Freescale Semiconductor on Monday is unveiling a new power conversion technology that the chipmaker says will dramatically enhance the efficiency of solar cells and other devices by allowing them to operate at low voltages.

That means a single solar cell attached to a mobile phone or other handheld device could charge the gadget. The bigger potential is to maximize the electricity generated from rooftop solar panels. which typically contain a dozen or more solar cells each. When a cloud or a tree shades part of a solar panel, power output from all the solar cells drops because they are linked together. By integrating Freescale’s power convertersamsung-blue-earth1 into each solar cell, those that aren’t shaded can still produce electricity, according to Arman Naghavi, general manager of Freesale’s Analog, Mixed-Signal & Power Division.

That’s because each solar cell can operate at much lower voltages when Freescale’s (FSL) converter is used. While most electronics need a jolt of 700 millivolts to begin working, Freescale’s technology allows them to operate on as little as 320 millivolts. (See video below.)

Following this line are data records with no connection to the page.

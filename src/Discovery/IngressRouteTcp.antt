-- ===== src/Discovery/IngressRouteTcp.antt =====
-- internal/discovery/ingressroutetcp.go: the endpoints of a Traefik IngressRouteTCP.
pub mod Resolved
use gatus_sidecar.Prelude.{
  ℕ, String, Bool, true, false, not, ◌||◌, List, [], ◌∷◌, ◌++◌, ◌==◌, string_eq, ltb, if◌then◌else◌,
}
use gatus_sidecar.Prelude.Text.{concat, to_lower, decimal}
use gatus_sidecar.Config.Endpoint.{Endpoint, source_ingress_route_tcp}
use gatus_sidecar.Discovery.Annotations.{
  annotation, raw_annotation, is_present, or_empty_string, Spec, Parsed,
}
use gatus_sidecar.Discovery.Annotations
use gatus_sidecar.Discovery.Specs.{Decoder, specs_from_annotations, endpoints_annotation}
use gatus_sidecar.Discovery.Entrypoints.{EntrypointPorts, Answer, port_is, refused, port}
use gatus_sidecar.Discovery.Service.{
  Options, enabled, excluded, of_annotation, entrypoints_unreadable, of_entrypoint, Found, found,
  failed, SpecContext, name_or, endpoints_from_specs,
}
use gatus_sidecar.Discovery.IngressRoute.{
  Read, value, unreadable, Route, HostTarget, Targets, Outside, count, route_targets,
}
use gatus_sidecar.Discovery.IngressRoute.Derive.{
  Derived, base_endpoint, host_name, external_name_of, internal_endpoints, Resolver, route_context,
  no_endpoints, described,
}

unfoldable pub external_tcp_name : Options → Spec → SpecContext → String → ℕ → String → String
unfolding concat name_or
external_tcp_name o base ctx host hosts entrypoint =
    concat (host_name base ctx host hosts ∷ " " ∷ entrypoint ∷ o.external_suffix ∷ [])

-- The endpoints of one entrypoint, whose port is known.
tcp_endpoints : Options → Spec → SpecContext → String → ℕ → ℕ → ℕ → List HostTarget → List Endpoint
unfolding concat decimal base_endpoint external_name_of external_tcp_name
tcp_endpoints o base ctx entrypoint port entrypoints total [] = []
tcp_endpoints o base ctx entrypoint port entrypoints total (h ∷ hosts) =
    let url = concat (base.scheme ∷ "://" ∷ h.host ∷ ":" ∷ decimal port ∷ []) in
    record (base_endpoint o (record base { url = url }) ctx) {
      name =
          if ltb 1 entrypoints
          then external_tcp_name o base ctx h.host total entrypoint
          else external_name_of o base ctx h.host total;
      url = url;
      scheme = to_lower base.scheme;
    }
    ∷ tcp_endpoints o base ctx entrypoint port entrypoints total hosts

at_entrypoint :
    String → (ℕ → List Endpoint) → Answer → Found (List Endpoint) → Found (List Endpoint)
at_entrypoint entrypoint make (refused e) rest = failed (of_entrypoint entrypoint e)
at_entrypoint entrypoint make (port_is p) (failed e) = failed e
at_entrypoint entrypoint make (port_is p) (found eps) = found (make p ++ eps)

tcp_loop :
    Options
    → Spec
    → SpecContext
    → EntrypointPorts
    → String
    → List HostTarget
    → ℕ
    → List String
    → Found (List Endpoint)
unfolding tcp_endpoints at_entrypoint port count
tcp_loop o base ctx ports prefer hosts entrypoints [] = found []
tcp_loop o base ctx ports prefer hosts entrypoints (e ∷ es) =
    at_entrypoint e (λ p. tcp_endpoints o base ctx e p entrypoints (count hosts) hosts)
      (port ports e prefer) (tcp_loop o base ctx ports prefer hosts entrypoints es)

listed : Read (List String) → List String
listed (value es) = es
listed _ = []

is_empty {ℓ} : {A : Type ℓ} → List A → Bool
is_empty [] = true
is_empty (x ∷ xs) = false

on_entrypoints :
    Options
    → Spec
    → SpecContext
    → Route
    → List HostTarget
    → EntrypointPorts
    → Read (List String)
    → Found (List Endpoint)
unfolding tcp_loop is_empty listed count
on_entrypoints o base ctx r hosts ports unreadable = failed entrypoints_unreadable
on_entrypoints o base ctx r hosts ports entrypoints =
    if is_empty hosts || is_empty (listed entrypoints)
    then found []
    else tcp_loop o base ctx ports (or_empty_string (annotation r.annotations "traefik-service"))
        hosts (count (listed entrypoints)) (listed entrypoints)

unfoldable pub external_tcp_endpoints :
    Outside
    → Options
    → Spec
    → SpecContext
    → Route
    → List HostTarget
    → EntrypointPorts
    → Found (List Endpoint)
unfolding on_entrypoints
external_tcp_endpoints out o base ctx r hosts ports =
    on_entrypoints o base ctx r hosts ports
      (out.access.nested_strings r.body ("spec" ∷ "entryPoints" ∷ []))

-- The scheme of the public address, where the annotations give none.
tcp_scheme : String → Bool → String
tcp_scheme scheme has_tls = if scheme == "" then (if has_tls then "tls" else "tcp") else scheme

add_internal : Options → Spec → SpecContext → Resolver → Targets → Found (List Endpoint) → Derived
unfolding internal_endpoints
add_internal o base ctx resolve t (failed e) = no_endpoints (e ∷ [])
add_internal o base ctx resolve t (found external) =
    let internal = internal_endpoints o (record base { scheme = "tcp" }) ctx t.backends resolve in
    record { endpoints = external ++ internal.endpoints; errors = internal.errors }

derived_from :
    Outside
    → Options
    → Spec
    → SpecContext
    → Route
    → Resolver
    → EntrypointPorts
    → Found Targets
    → Derived
unfolding add_internal external_tcp_endpoints
derived_from out o base ctx r resolve ports (failed e) = no_endpoints (e ∷ [])
derived_from out o base ctx r resolve ports (found t) =
    add_internal o base ctx resolve t (external_tcp_endpoints out o base ctx r t.hosts ports)

derive : Outside → Options → Route → SpecContext → Resolver → EntrypointPorts → List Spec → Derived
unfolding derived_from tcp_scheme endpoints_from_specs
derive out o r ctx resolve ports [] = described (endpoints_from_specs o [] ctx)
derive out o r ctx resolve ports (base ∷ specs) =
    if not (base.url == "") || is_present (raw_annotation r.annotations endpoints_annotation)
    then described (endpoints_from_specs o (base ∷ specs) ctx)
    else derived_from out o
        (record base {
          scheme =
              tcp_scheme base.scheme
                (is_present (out.access.nested_map r.body ("spec" ∷ "tls" ∷ [])));
        })
        ctx r resolve ports (route_targets out r)

derive_parsed :
    Outside
    → Options
    → Route
    → SpecContext
    → Resolver
    → EntrypointPorts
    → Parsed (List Spec)
    → Derived
unfolding derive
derive_parsed out o r ctx resolve ports (Annotations.bad p) = no_endpoints (of_annotation p ∷ [])
derive_parsed out o r ctx resolve ports (Annotations.ok specs) =
    derive out o r ctx resolve ports specs

unfoldable pub from_ingress_route_tcp :
    Outside → Decoder → Options → Route → String → Resolver → EntrypointPorts → Derived
unfolding enabled excluded derive_parsed specs_from_annotations route_context
from_ingress_route_tcp out d o r ns_group resolve ports =
    if not (enabled o.ingress_route_tcp_mode r.annotations)
    then no_endpoints []
    else if excluded out.path_match r.name r.annotations
    then no_endpoints []
    else derive_parsed out o r (route_context source_ingress_route_tcp r ns_group) resolve ports
        (specs_from_annotations d r.annotations)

Sounds geeky but the consequences could be far-ranging, reducing electricity consumption and opening the door to a new generation of solar-powered devices.  One big hurdle to using solar cells to power everything from laptops to street lights is that it takes too many of them to produce enough power to be practicable. After all, who’s going to carry around a solar panel to charge their MacBook.

Freescale’s technology could change that equation. “For instance, you wouldn’t have to put a battery in a garage door opener – just add a solar strip on the remote control,” Kevin Parmenter, a Freescale applications engineering manager, told Green Wombat. (Samsung last week announced it would start selling a mobile phone (photo above) equipped with a solar panel but it’s unclear just how much talk or texting time it would allow.)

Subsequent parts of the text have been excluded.